=== Information supplied ===
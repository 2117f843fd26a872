-- ===== src/Routing/Split/Correct.antt =====
-- AssignMultipath spreads the requests over the paths of their pairs.
use convergent_routing_analy.Prelude.{
  ℕ, ◌==◌, ==_iff, ◌⊎◌, if◌then◌else◌, suc, ◌+◌, ◌<◌, ◌≡◌, inl, inr, refl, sym, ◌∙◌, ap, subst, ℤ,
  pos, List, [], ◌∷◌, some, length, get_or, Bool-cases, arith,
}
use convergent_routing_analy.Float.{Float64, Laws, Float, of_nat}
use convergent_routing_analy.Graph.{Graph, IsGraph}
use convergent_routing_analy.Routing.Dijkstra.{WeightFunc}
use convergent_routing_analy.Routing.Dijkstra.Walks.{NonNegWeight}
use convergent_routing_analy.Routing.Requests.{
  Context, at_request, RouteRequest, Route, Outcome, done, failed, OdPair, request_weight,
  add_route_flow,
}
use convergent_routing_analy.Routing.Requests.Flows.{length-add_route_flow, get_or-add_route_flow}
use convergent_routing_analy.Routing.Multipath.{proportional_split, draw_path}
use convergent_routing_analy.Routing.Multipath.Masked.{draw_path_lt}
use convergent_routing_analy.Routing.SinglePass.Served.{
  SnapsToNodes, usage, at_head, at_tail, Explained,
}
use convergent_routing_analy.Routing.SinglePass.Search.{Snapped, AllSnapped, no_pair, next_pair}
use convergent_routing_analy.Routing.Split.{
  multipath_name, OdEntry, route_along, Split, with_draw, slot_for, choice_at, after_draw, route_at,
  split_all, od_k_paths,
}
use convergent_routing_analy.Routing.Split.Drawn.{
  entry_at, Grows, Grows-refl, Grows-trans, Entries, count_at, total_at, Slotted,
}
use convergent_routing_analy.Routing.Split.Counted.{Counted, count_one-Counted}
use convergent_routing_analy.Routing.Split.Slots.{SlotOr, slot_for_lem}
use convergent_routing_analy.Routing.Split.Spread.{
  uses, slot_uses, length-proportional_split, Draws, AllDrawn, none_drawn, one_drawn, od_of,
}

module _ ⦃f : Float64⦄ (laws : Laws f) (g : Graph) (ok : IsGraph g) (snaps : SnapsToNodes g)
    (weight : WeightFunc) (w : NonNegWeight g weight) (kk : ℕ) where
  abbrev k : ℤ
  k = pos (suc kk)

  -- What the split of the rest of the requests adds to the entries and the flows before.
  pub record Splits (draw : ℕ → Float) (i : ℕ) (es : List OdEntry) (flows : List Float)
      (reqs : List RouteRequest) (s : Split) : Type 0 where
    pub entries : Entries g weight k s.entries
    pub grows : Grows es s.entries
    pub drawn :
        AllDrawn g (length s.entries) (od_of s.entries) draw i reqs s.routes s.slots s.chosen
    pub size : length s.flows ≡ length flows
    pub load :
        (e : ℕ)
        → e < length flows
        → get_or s.flows e (of_nat 0) ≡ usage g reqs s.routes e (get_or flows e (of_nat 0))
    pub counts : (t j : ℕ) → count_at s.entries t j ≡ count_at es t j + uses t j s.slots s.chosen
    pub totals : (t : ℕ) → total_at s.entries t ≡ total_at es t + slot_uses t s.slots
    pub used : (t : ℕ) → t < length s.entries → (t < length es) ⊎ (0 < slot_uses t s.slots)

  abbrev pub SplitsOr :
      (ℕ → Float)
      → Context
      → ℕ
      → List RouteRequest
      → List OdEntry
      → List Float
      → Outcome Split
      → Type 0
  SplitsOr draw ctx i reqs es flows (failed e) = Explained g multipath_name weight ctx reqs e
  SplitsOr draw ctx i reqs es flows (done s) = Splits draw i es flows reqs s

  -- The draw of a request from its slot, in front of the split of the rest.
  module _ (draw : ℕ → Float) (ctx : Context) (i : ℕ) (req : RouteRequest)
      (reqs : List RouteRequest) (pair : OdPair) (es fs gs : List OdEntry) (flows : List Float)
      (slot choice : ℕ) (snapped : Snapped g multipath_name req pair)
      (slotted : Slotted g weight k pair es fs slot)
      (in_paths : choice < length (entry_at fs slot).paths)
      (picked : choice ≡ draw_path (entry_at fs slot).intended (draw i))
      (counted : Counted g weight k fs gs slot choice) where
    abbrev route : Route
    route = route_along req (entry_at fs slot).paths choice

    one_Draws :
        (s : List OdEntry)
        → Grows gs s
        → Draws g (length s) (od_of s) (draw i) req route slot choice
    unfolding od_k_paths
    one_Draws s grows =
        let (lt, src, dst, paths) = Grows-trans fs gs s counted.grows grows slot slotted.within in
        let weighed = (slotted.entries.valid slot slotted.within).weighed in
        record {
          in_ods = lt;
          origin = snapped.origin ∙ ap some (sym (src ∙ slotted.src));
          destination = snapped.destination ∙ ap some (sym (dst ∙ slotted.dst));
          in_paths = subst (λ ps. choice < length ps) (sym paths) in_paths;
          drawn =
              picked
              ∙ ap (λ intended. draw_path intended (draw i))
                  (weighed ∙ ap proportional_split (sym paths));
          along = ap (λ ps. route_along req ps choice) (sym paths);
        }

    one_used :
        (n t : ℕ)
        → (t < length gs) ⊎ (0 < n)
        → (t < length es) ⊎ (0 < (if slot == t then 1 else 0) + n)
    one_used n t (inr later) = inr (omega (arith, later))
    one_used n t (inl now) = of_fresh (slotted.fresh t (omega (arith, now, counted.size)))
      where
        of_fresh :
            (t < length es) ⊎ (t ≡ slot) → (t < length es) ⊎ (0 < (if slot == t then 1 else 0) + n)
        of_fresh (inl old) = inl old
        of_fresh (inr here) = inr (rw ((==_iff slot t).1 (sym here)) (omega arith))

    with_draw_lem :
        (o : Outcome Split)
        → SplitsOr draw ctx
            (suc i)
            reqs
            gs
            (add_route_flow flows route.edges (request_weight req))
            o
        → SplitsOr draw ctx i (req ∷ reqs) es flows (with_draw slot choice route o)
    unfolding with_draw
    with_draw_lem (failed e) (inl c) = inl c
    with_draw_lem (failed e) (inr b) = inr (at_tail b)
    with_draw_lem (done s) p =
        let same = length-add_route_flow flows route.edges (request_weight req) in
        record {
          entries = p.entries;
          grows =
              Grows-trans es fs s.entries slotted.grows
                (Grows-trans fs gs s.entries counted.grows p.grows);
          drawn = one_drawn (one_Draws s.entries p.grows) p.drawn;
          size = p.size ∙ same;
          load = λ e h.
              p.load e (subst (λ n. e < n) (sym same) h)
              ∙ ap (usage g reqs s.routes e)
                  (get_or-add_route_flow flows route.edges (request_weight req) e h);
          counts = λ t j. omega (arith, p.counts t j, counted.counts t j, slotted.counts t j);
          totals = λ t. omega (arith, p.totals t, counted.totals t, slotted.totals t);
          used = λ t h. one_used (slot_uses t s.slots) t (p.used t h);
        }

  choice_lt :
      (draw : ℕ → Float) (ctx : Context) (i : ℕ) (pair : OdPair) (es fs : List OdEntry) (slot : ℕ)
      → Slotted g weight k pair es fs slot
      → choice_at g weight k draw ctx i fs slot < length (entry_at fs slot).paths
  choice_lt draw ctx i pair es fs slot slotted =
      let entry = slotted.entries.valid slot slotted.within in
      let size : length (entry_at fs slot).intended ≡ length (entry_at fs slot).paths =
        ap length entry.weighed ∙ length-proportional_split (entry_at fs slot).paths in
      subst (λ n. choice_at g weight k draw ctx i fs slot < n) size
        (draw_path_lt (entry_at fs slot).intended (draw i) (omega (arith, size, entry.some_path)))

  pub split_all_lem :
      (draw : ℕ → Float) (ctx : Context) (i : ℕ) (reqs : List RouteRequest) (pairs : List OdPair)
      (es : List OdEntry) (flows : List Float)
      → AllSnapped g multipath_name reqs pairs
      → Entries g weight k es
      → SplitsOr draw ctx i reqs es flows (split_all g weight k draw ctx i reqs pairs es flows)
  unfolding split_all
  split_all_lem draw ctx i [] [] es flows no_pair entries = record {
    entries = entries;
    grows = Grows-refl es;
    drawn = none_drawn;
    size = refl;
    load = λ e h. refl;
    counts = λ t j. omega arith;
    totals = λ t. omega arith;
    used = λ t h. inl h;
  }
  split_all_lem draw ctx i [] (pair ∷ pairs) es flows snapped entries = elim snapped [ ]
  split_all_lem draw ctx i (req ∷ reqs) [] es flows snapped entries = elim snapped [ ]
  split_all_lem draw ctx i (req ∷ reqs) (pair ∷ pairs) es flows (next_pair s rest) entries =
      elim (Bool-cases (ctx (at_request 1 i))) [
        | inl stop ↦ rw (stop, split_all) (inl (refl, (at_request 1 i, stop)))
        | inr go ↦
            rw (go, split_all)
              (after_slot (slot_for g weight k draw ctx req pair es)
                (λ fs slot h.
                  split_all_lem draw ctx (suc i) reqs pairs
                    (after_draw g weight k draw ctx i fs slot)
                    (add_route_flow flows (route_at g weight k draw ctx i req fs slot).edges
                      (request_weight req))
                    rest h)
                (slot_for_lem laws g ok snaps weight w kk draw ctx req pair es s entries))
      ]
    where
      after_slot :
          (o : Outcome (ℕ × List OdEntry))
          → ((fs : List OdEntry) (slot : ℕ)
              → Entries g weight k (after_draw g weight k draw ctx i fs slot)
              → SplitsOr draw ctx
                  (suc i)
                  reqs
                  (after_draw g weight k draw ctx i fs slot)
                  (add_route_flow flows
                    (route_at g weight k draw ctx i req fs slot).edges
                    (request_weight req))
                  (split_all g weight k draw ctx
                    (suc i)
                    reqs
                    pairs
                    (after_draw g weight k draw ctx i fs slot)
                    (add_route_flow flows
                      (route_at g weight k draw ctx i req fs slot).edges
                      (request_weight req))))
          → SlotOr laws g ok snaps weight w kk req pair es o
          → SplitsOr draw ctx i (req ∷ reqs) es flows (elim o [
            | failed e ↦ failed e
            | done (slot, found) ↦
                let route = route_at g weight k draw ctx i req found slot in
                with_draw slot (choice_at g weight k draw ctx i found slot) route (
                  split_all g weight k draw ctx
                    (suc i)
                    reqs
                    pairs
                    (after_draw g weight k draw ctx i found slot)
                    (add_route_flow flows route.edges (request_weight req)))
          ])
      after_slot (failed e) onward p = inr (at_head p)
      after_slot (done (slot, fs)) onward p =
          let lt = choice_lt draw ctx i pair es fs slot p in
          let counted =
            count_one-Counted g weight k fs slot (choice_at g weight k draw ctx i fs slot) p.entries
              p.within lt in
          with_draw_lem draw ctx i req reqs pair es fs (after_draw g weight k draw ctx i fs slot)
            flows slot (choice_at g weight k draw ctx i fs slot) s p lt refl counted _
            (onward fs slot counted.entries)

=== Activity ===
Reproduce each line of the records in which "AllDrawn" appears.

=== Response area ===
  uses, slot_uses, length-proportional_split, Draws, AllDrawn, none_drawn, one_drawn, od_of,
        AllDrawn g (length s.entries) (od_of s.entries) draw i reqs s.routes s.slots s.chosen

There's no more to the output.